Note that to make climbing grades comparable, I converted from the US system (which has numbers and letters) to the Australian system (which has ordered numbers) using this chart. Bouldering grades can also be converted to this system.

Unfortunately, my results were somewhat disappointing. I performed k-means clustering for 2, 3, and 4 clusters, but in all cases, the clusters clearly broke down by climbing time. BigQuery shows the centroid value for each feature, allowing me to get a feel for the meaning of the clusters.

Centroids for clustering with three clusters. The centroids break down by “small”, “medium”, and “large” for every feature.

It’s still not clear whether this was due to poor feature development or whether this is genuinely the best way to segment climbers. After all, anecdotally differences in volume do seem very meaningful among my climbing friends.
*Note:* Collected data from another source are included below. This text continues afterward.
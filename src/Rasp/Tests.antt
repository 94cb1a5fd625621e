-- ===== src/Rasp/Tests.antt =====
-- Runs of the router protocol, with a document that is a function.
use jklibs.Common.{
  ℕ, zero, suc, ◌-◌, ◌∷◌, Bool, true, false, ◌≡◌, refl, ap, ◌&&◌, List, [], Option, none, some,
  arith, if◌then◌else◌, take, length, Bool-cases, inl, inr,
}
use jklibs.Common.Int.{pos}
use jklibs.Common.Text.{codes, same_text, same_text_refl, same_text-eq}
use jklibs.Common.Decimal.{print_int, print_nat, digits_fuel, atoi-print}
use jklibs.Common.Outcome.{done}
use jklibs.Rasp.Names.{subcmd_table, int_str}
use jklibs.Rasp.Commands.{Compares}
use jklibs.Rasp.Header.{
  Header, Json, sign_text, generate_header, header_ready_data, parse_data_header,
}
use jklibs.Rasp.Document.{Sections, Counts}
use jklibs.Rasp.Body.{Body, Rasp, Content, no_item}
use jklibs.Rasp.Process.{process_bindlists_result, with_lists}
use jklibs.Rasp.Bodies.{HasEntries, in_lists, items, process_bindlists-items}
use jklibs.Rasp.Signing.{Stores, parse-generate, parse_data_header-sign}

abbrev Doc : Type 0
Doc = List ℕ → List ℕ → Option (List ℕ)

abbrev functions : Json Doc
functions = record {
  get = λ d s n. d s n;
  put = λ d s n t. λ s2 n2. if same_text s s2 && same_text n n2 then some t else d s2 n2;
}

functions-Stores : Stores functions
functions-Stores = record {
  same_name = λ d s n t p q. rw (same_text_refl s, same_text_refl n) refl;
  other_name = λ d s n t n2 p q r e. rw (same_text_refl s, e) refl;
}

same_text-Compares : Compares same_text
same_text-Compares = record {
  itself = same_text_refl;
  lengths = λ s t ne. elim (Bool-cases (same_text s t)) [
    | inl e ↦ absurd (ne (ap length (same_text-eq s t e)))
    | inr e ↦ e
  ];
}

abbrev no_hash : List ℕ → List ℕ
no_hash s = codes "0123456789abcdef0123456789abcdef"

abbrev blank : Header
blank = record {
  cmd_number = 0;
  subcmd_number = 0;
  cmd = [];
  subcmd = [];
  id = [];
  time = pos 0;
  sign = [];
  source = [];
}

abbrev nothing : Doc
nothing s n = none

-- KF_RASP_SUBCMD_CONNECTREQUEST has no name.
no_name : int_str subcmd_table 4 ≡ none
unfolding int_str
no_name = refl

abbrev sent : Header
sent =
    (generate_header no_hash print_int same_text functions (pos 1452166191) blank 1 5
      (codes "router-7")).0

parse-generate_example :
    ((generate_header no_hash print_int same_text functions
        (pos 1452166191)
        blank
        1
        5
        (codes "router-7")).1
      ≡ done tt)
    × (parse_data_header no_hash print_int same_text functions
          (header_ready_data no_hash print_int same_text functions nothing sent)
          blank
        ≡ (
          record blank {
            subcmd_number = 5;
            subcmd = codes "bindLists";
            id = take 7 (codes "router-7");
            time = pos 1452166191;
            sign = sent.sign;
          },
          done tt,
        ))
parse-generate_example =
    parse-generate no_hash print_int same_text functions functions-Stores same_text-Compares nothing
      (header_ready_data no_hash print_int same_text functions nothing sent) blank blank
      (pos 1452166191) 1 5 (codes "router-7") (codes "query") (codes "bindLists") (λ s. omega arith)
      (atoi-print 1452166191) (omega arith) (unfold int_str in refl) (unfold int_str in refl)
      (λ name step. refl)

abbrev accepted : Header
accepted =
    (parse_data_header no_hash print_int same_text functions
      (header_ready_data no_hash print_int same_text functions nothing sent) blank).0

sent-accepted :
    parse_data_header no_hash print_int same_text functions
      (header_ready_data no_hash print_int same_text functions nothing sent)
      blank
    ≡ (accepted, done tt)
sent-accepted =
    let ends =
      (parse-generate no_hash print_int same_text functions functions-Stores same_text-Compares
        nothing (header_ready_data no_hash print_int same_text functions nothing sent) blank blank
        (pos 1452166191) 1 5 (codes "router-7") (codes "query") (codes "bindLists")
        (λ s. omega arith) (atoi-print 1452166191) (omega arith) (unfold int_str in refl)
        (unfold int_str in refl) (λ name step. refl)).1 in
    ap (λ r. (accepted, r)) (ap (λ p. p.1) ends)

parse_data_header-sign_example : no_hash (sign_text accepted) ≡ accepted.sign
parse_data_header-sign_example =
    parse_data_header-sign no_hash print_int same_text functions
      (header_ready_data no_hash print_int same_text functions nothing sent) blank accepted
      sent-accepted

-- A document whose texts are the same in every section, with the sections that are pushed.
abbrev Pushed : Type 0
Pushed = List (List ℕ)

abbrev pop_section : Pushed → Pushed
pop_section [] = []
pop_section (s ∷ d) = d

abbrev texts : List ℕ → Option (List ℕ)
texts name =
    if same_text name (codes ".resultCode")
    then some (codes "SUCCESS")
    else if same_text name (codes ".bindLists[0].deviceMac")
    then some (codes "001122334455")
    else if same_text name (codes ".bindLists[0].routerMac")
    then some (codes "66778899aabb")
    else none

abbrev sections : Sections Pushed
sections = record {
  push = λ d s. s ∷ d;
  push_fails = λ d s. false;
  pop = pop_section;
  string = λ d s. texts s;
  count = λ d s. pos 1;
  set_string = λ d s t. d;
  set_null = λ d s. d;
  load = λ d s. some d;
  print = λ d n. some (codes "{}", pos 2);
}

length-pop_section : (d : Pushed) → length (pop_section d) ≡ length d - 1
length-pop_section [] = refl
length-pop_section (s ∷ d) = omega arith

sections-Counts : Counts sections length
sections-Counts = record {
  made = λ d s. refl;
  depth-push = λ d s. refl;
  depth-pop = length-pop_section;
  depth-set_string = λ d s t. refl;
  depth-set_null = λ d s. refl;
}

abbrev body : Body
body = record { number = 8; result_code = []; result_data = []; content = Content.item no_item }

abbrev rasp : Rasp Pushed
rasp = record { header = blank; body = body; json = [] }

abbrev all_memory : ℕ → Bool
all_memory n = true

abbrev device_mac : ℕ → List ℕ
device_mac i = codes "001122334455"

abbrev router_mac : ℕ → List ℕ
router_mac i = codes "66778899aabb"

one_entry :
    HasEntries no_hash print_int same_text all_memory sections
      (in_lists no_hash print_int same_text all_memory sections [])
      device_mac
      router_mac
      1
unfolding print_nat digits_fuel
one_entry zero h = (refl, refl)
one_entry (suc i) h = absurd (omega arith)

process_bindlists-items_example :
    process_bindlists_result sections same_text all_memory [] body
    ≡ done (
      codes ".MsgBody" ∷ [],
      with_lists
          (record body { number = 7; result_code = codes "SUCCESS" })
          (pos 1)
          (some (items no_hash print_int same_text all_memory sections device_mac router_mac 1 0)),
      pos 0,
    )
process_bindlists-items_example =
    process_bindlists-items no_hash print_int same_text all_memory sections [] body
      (codes "SUCCESS") device_mac router_mac 0 refl refl refl (omega arith) refl one_entry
I tried a second experiment where I used percentages for the columns instead of absolute numbers to eliminate the differences from simply climbing more. This time, users seemed to segment mostly by time multipitching and hardest grade.

Using percentages, we can see that the biggest discrepancies between centroids appear for percent bigwall, percent multipitch, and max rating. This could be the a glimmer of “the sport climber”, “the trad dad”, and “the all-around climber”, but it is hard to say definitively.

Overall, I wouldn’t say clustering has yielded anything very meaningful yet. From my reading it seems notoriously fickle, since it is totally unsupervised. Next steps would be to attempt PCA so that I can visualize these clusters and see how logical they look. I may also try to derive more complex features like “how far they travel” and “how often they go on climbing trips”.